## EXERCISE DIRECTIONS:
Copy out the records that follow, leaving every character as it is.

## Stored data entries:
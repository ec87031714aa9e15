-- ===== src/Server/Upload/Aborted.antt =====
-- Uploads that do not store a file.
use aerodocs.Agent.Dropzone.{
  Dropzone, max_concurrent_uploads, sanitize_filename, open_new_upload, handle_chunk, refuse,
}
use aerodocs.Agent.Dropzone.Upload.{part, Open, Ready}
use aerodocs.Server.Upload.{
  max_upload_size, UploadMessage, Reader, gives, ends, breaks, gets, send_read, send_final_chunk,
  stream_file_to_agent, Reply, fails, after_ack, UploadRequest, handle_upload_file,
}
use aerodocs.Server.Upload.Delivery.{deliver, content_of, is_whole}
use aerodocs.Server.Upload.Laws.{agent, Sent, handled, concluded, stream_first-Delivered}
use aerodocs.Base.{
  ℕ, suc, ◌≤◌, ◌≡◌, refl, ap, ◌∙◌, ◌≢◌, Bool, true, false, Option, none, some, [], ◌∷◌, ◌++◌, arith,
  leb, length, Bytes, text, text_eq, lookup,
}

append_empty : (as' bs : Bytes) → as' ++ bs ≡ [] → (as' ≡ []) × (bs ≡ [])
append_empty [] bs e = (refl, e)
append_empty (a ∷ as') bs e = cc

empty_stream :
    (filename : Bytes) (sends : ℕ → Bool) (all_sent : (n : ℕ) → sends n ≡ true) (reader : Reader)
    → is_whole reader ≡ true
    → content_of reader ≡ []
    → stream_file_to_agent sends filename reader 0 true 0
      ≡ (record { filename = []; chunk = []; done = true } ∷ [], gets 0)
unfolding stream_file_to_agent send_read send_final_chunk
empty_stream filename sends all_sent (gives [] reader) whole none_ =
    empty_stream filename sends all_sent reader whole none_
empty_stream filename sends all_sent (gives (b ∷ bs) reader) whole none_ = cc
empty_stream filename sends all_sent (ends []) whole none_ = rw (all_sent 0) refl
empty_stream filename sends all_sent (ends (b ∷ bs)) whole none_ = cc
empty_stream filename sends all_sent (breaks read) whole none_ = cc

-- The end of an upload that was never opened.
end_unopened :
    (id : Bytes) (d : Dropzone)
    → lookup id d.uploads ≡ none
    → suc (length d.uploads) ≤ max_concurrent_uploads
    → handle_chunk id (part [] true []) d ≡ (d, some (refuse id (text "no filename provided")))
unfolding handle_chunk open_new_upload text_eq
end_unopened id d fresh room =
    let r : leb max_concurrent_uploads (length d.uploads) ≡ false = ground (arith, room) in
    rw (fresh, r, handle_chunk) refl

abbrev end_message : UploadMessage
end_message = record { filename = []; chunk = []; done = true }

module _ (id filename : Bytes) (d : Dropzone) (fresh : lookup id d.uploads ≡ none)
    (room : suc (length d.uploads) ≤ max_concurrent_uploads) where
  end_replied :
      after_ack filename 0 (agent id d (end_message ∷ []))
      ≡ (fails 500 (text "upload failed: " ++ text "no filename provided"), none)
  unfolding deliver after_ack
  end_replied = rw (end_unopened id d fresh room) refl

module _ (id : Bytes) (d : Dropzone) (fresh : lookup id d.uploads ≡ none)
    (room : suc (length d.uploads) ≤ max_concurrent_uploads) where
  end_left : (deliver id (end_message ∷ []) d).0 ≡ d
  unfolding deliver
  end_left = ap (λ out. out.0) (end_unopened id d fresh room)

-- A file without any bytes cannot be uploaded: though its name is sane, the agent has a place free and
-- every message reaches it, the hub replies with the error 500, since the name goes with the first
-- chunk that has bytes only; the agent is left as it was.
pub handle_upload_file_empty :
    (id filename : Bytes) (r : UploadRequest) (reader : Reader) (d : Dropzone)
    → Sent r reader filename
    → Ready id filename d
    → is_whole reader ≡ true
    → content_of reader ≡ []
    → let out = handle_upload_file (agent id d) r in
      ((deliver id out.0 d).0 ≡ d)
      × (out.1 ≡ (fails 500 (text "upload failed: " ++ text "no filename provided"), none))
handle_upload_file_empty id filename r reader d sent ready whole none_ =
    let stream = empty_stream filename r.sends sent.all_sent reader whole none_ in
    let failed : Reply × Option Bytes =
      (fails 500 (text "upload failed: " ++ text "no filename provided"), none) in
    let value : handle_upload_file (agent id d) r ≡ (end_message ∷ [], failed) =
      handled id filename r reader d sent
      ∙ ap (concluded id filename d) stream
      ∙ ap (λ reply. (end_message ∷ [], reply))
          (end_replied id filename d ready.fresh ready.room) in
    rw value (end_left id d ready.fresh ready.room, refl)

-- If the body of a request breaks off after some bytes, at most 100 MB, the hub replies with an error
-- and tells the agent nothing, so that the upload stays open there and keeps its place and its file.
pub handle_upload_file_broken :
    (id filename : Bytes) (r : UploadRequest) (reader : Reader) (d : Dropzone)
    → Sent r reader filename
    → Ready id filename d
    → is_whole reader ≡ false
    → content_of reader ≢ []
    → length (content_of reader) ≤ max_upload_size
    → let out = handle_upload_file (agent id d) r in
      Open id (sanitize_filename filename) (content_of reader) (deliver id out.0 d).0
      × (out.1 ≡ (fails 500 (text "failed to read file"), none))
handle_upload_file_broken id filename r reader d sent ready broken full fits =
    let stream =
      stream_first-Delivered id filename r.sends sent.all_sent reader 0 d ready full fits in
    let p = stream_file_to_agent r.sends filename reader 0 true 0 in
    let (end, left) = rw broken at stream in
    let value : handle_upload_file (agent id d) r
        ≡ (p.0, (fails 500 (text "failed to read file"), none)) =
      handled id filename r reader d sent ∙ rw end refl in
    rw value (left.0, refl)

## RESPONSE BOX:
repository ec87031714aa9e15
-- ===== src/Server/Upload/Aborted.antt =====
-- Uploads that do not store a file.
use aerodocs.Agent.Dropzone.{
  Dropzone, max_concurrent_uploads, sanitize_filename, open_new_upload, handle_chunk, refuse,
}
use aerodocs.Agent.Dropzone.Upload.{part, Open, Ready}
use aerodocs.Server.Upload.{
  max_upload_size, UploadMessage, Reader, gives, ends, breaks, gets, send_read, send_final_chunk,
  stream_file_to_agent, Reply, fails, after_ack, UploadRequest, handle_upload_file,
}
use aerodocs.Server.Upload.Delivery.{deliver, content_of, is_whole}
use aerodocs.Server.Upload.Laws.{agent, Sent, handled, concluded, stream_first-Delivered}
use aerodocs.Base.{
  ℕ, suc, ◌≤◌, ◌≡◌, refl, ap, ◌∙◌, ◌≢◌, Bool, true, false, Option, none, some, [], ◌∷◌, ◌++◌, arith,
  leb, length, Bytes, text, text_eq, lookup,
}

append_empty : (as' bs : Bytes) → as' ++ bs ≡ [] → (as' ≡ []) × (bs ≡ [])
append_empty [] bs e = (refl, e)
append_empty (a ∷ as') bs e = cc

empty_stream :
    (filename : Bytes) (sends : ℕ → Bool) (all_sent : (n : ℕ) → sends n ≡ true) (reader : Reader)
    → is_whole reader ≡ true
    → content_of reader ≡ []
    → stream_file_to_agent sends filename reader 0 true 0
      ≡ (record { filename = []; chunk = []; done = true } ∷ [], gets 0)
unfolding stream_file_to_agent send_read send_final_chunk
empty_stream filename sends all_sent (gives [] reader) whole none_ =
    empty_stream filename sends all_sent reader whole none_
empty_stream filename sends all_sent (gives (b ∷ bs) reader) whole none_ = cc
empty_stream filename sends all_sent (ends []) whole none_ = rw (all_sent 0) refl
empty_stream filename sends all_sent (ends (b ∷ bs)) whole none_ = cc
empty_stream filename sends all_sent (breaks read) whole none_ = cc

-- The end of an upload that was never opened.
end_unopened :
    (id : Bytes) (d : Dropzone)
    → lookup id d.uploads ≡ none
    → suc (length d.uploads) ≤ max_concurrent_uploads
    → handle_chunk id (part [] true []) d ≡ (d, some (refuse id (text "no filename provided")))
unfolding handle_chunk open_new_upload text_eq
end_unopened id d fresh room =
    let r : leb max_concurrent_uploads (length d.uploads) ≡ false = ground (arith, room) in
    rw (fresh, r, handle_chunk) refl

abbrev end_message : UploadMessage
end_message = record { filename = []; chunk = []; done = true }

module _ (id filename : Bytes) (d : Dropzone) (fresh : lookup id d.uploads ≡ none)
    (room : suc (length d.uploads) ≤ max_concurrent_uploads) where
  end_replied :
      after_ack filename 0 (agent id d (end_message ∷ []))
      ≡ (fails 500 (text "upload failed: " ++ text "no filename provided"), none)
  unfolding deliver after_ack
  end_replied = rw (end_unopened id d fresh room) refl

module _ (id : Bytes) (d : Dropzone) (fresh : lookup id d.uploads ≡ none)
    (room : suc (length d.uploads) ≤ max_concurrent_uploads) where
  end_left : (deliver id (end_message ∷ []) d).0 ≡ d
  unfolding deliver
  end_left = ap (λ out. out.0) (end_unopened id d fresh room)

-- A file without any bytes cannot be uploaded: though its name is sane, the agent has a place free and
-- every message reaches it, the hub replies with the error 500, since the name goes with the first
-- chunk that has bytes only; the agent is left as it was.
pub handle_upload_file_empty :
    (id filename : Bytes) (r : UploadRequest) (reader : Reader) (d : Dropzone)
    → Sent r reader filename
    → Ready id filename d
    → is_whole reader ≡ true
    → content_of reader ≡ []
    → let out = handle_upload_file (agent id d) r in
      ((deliver id out.0 d).0 ≡ d)
      × (out.1 ≡ (fails 500 (text "upload failed: " ++ text "no filename provided"), none))
handle_upload_file_empty id filename r reader d sent ready whole none_ =
    let stream = empty_stream filename r.sends sent.all_sent reader whole none_ in
    let failed : Reply × Option Bytes =
      (fails 500 (text "upload failed: " ++ text "no filename provided"), none) in
    let value : handle_upload_file (agent id d) r ≡ (end_message ∷ [], failed) =
      handled id filename r reader d sent
      ∙ ap (concluded id filename d) stream
      ∙ ap (λ reply. (end_message ∷ [], reply))
          (end_replied id filename d ready.fresh ready.room) in
    rw value (end_left id d ready.fresh ready.room, refl)

-- If the body of a request breaks off after some bytes, at most 100 MB, the hub replies with an error
-- and tells the agent nothing, so that the upload stays open there and keeps its place and its file.
pub handle_upload_file_broken :
    (id filename : Bytes) (r : UploadRequest) (reader : Reader) (d : Dropzone)
    → Sent r reader filename
    → Ready id filename d
    → is_whole reader ≡ false
    → content_of reader ≢ []
    → length (content_of reader) ≤ max_upload_size
    → let out = handle_upload_file (agent id d) r in
      Open id (sanitize_filename filename) (content_of reader) (deliver id out.0 d).0
      × (out.1 ≡ (fails 500 (text "failed to read file"), none))
handle_upload_file_broken id filename r reader d sent ready broken full fits =
    let stream =
      stream_first-Delivered id filename r.sends sent.all_sent reader 0 d ready full fits in
    let p = stream_file_to_agent r.sends filename reader 0 true 0 in
    let (end, left) = rw broken at stream in
    let value : handle_upload_file (agent id d) r
        ≡ (p.0, (fails 500 (text "failed to read file"), none)) =
      handled id filename r reader d sent ∙ rw end refl in
    rw value (left.0, refl)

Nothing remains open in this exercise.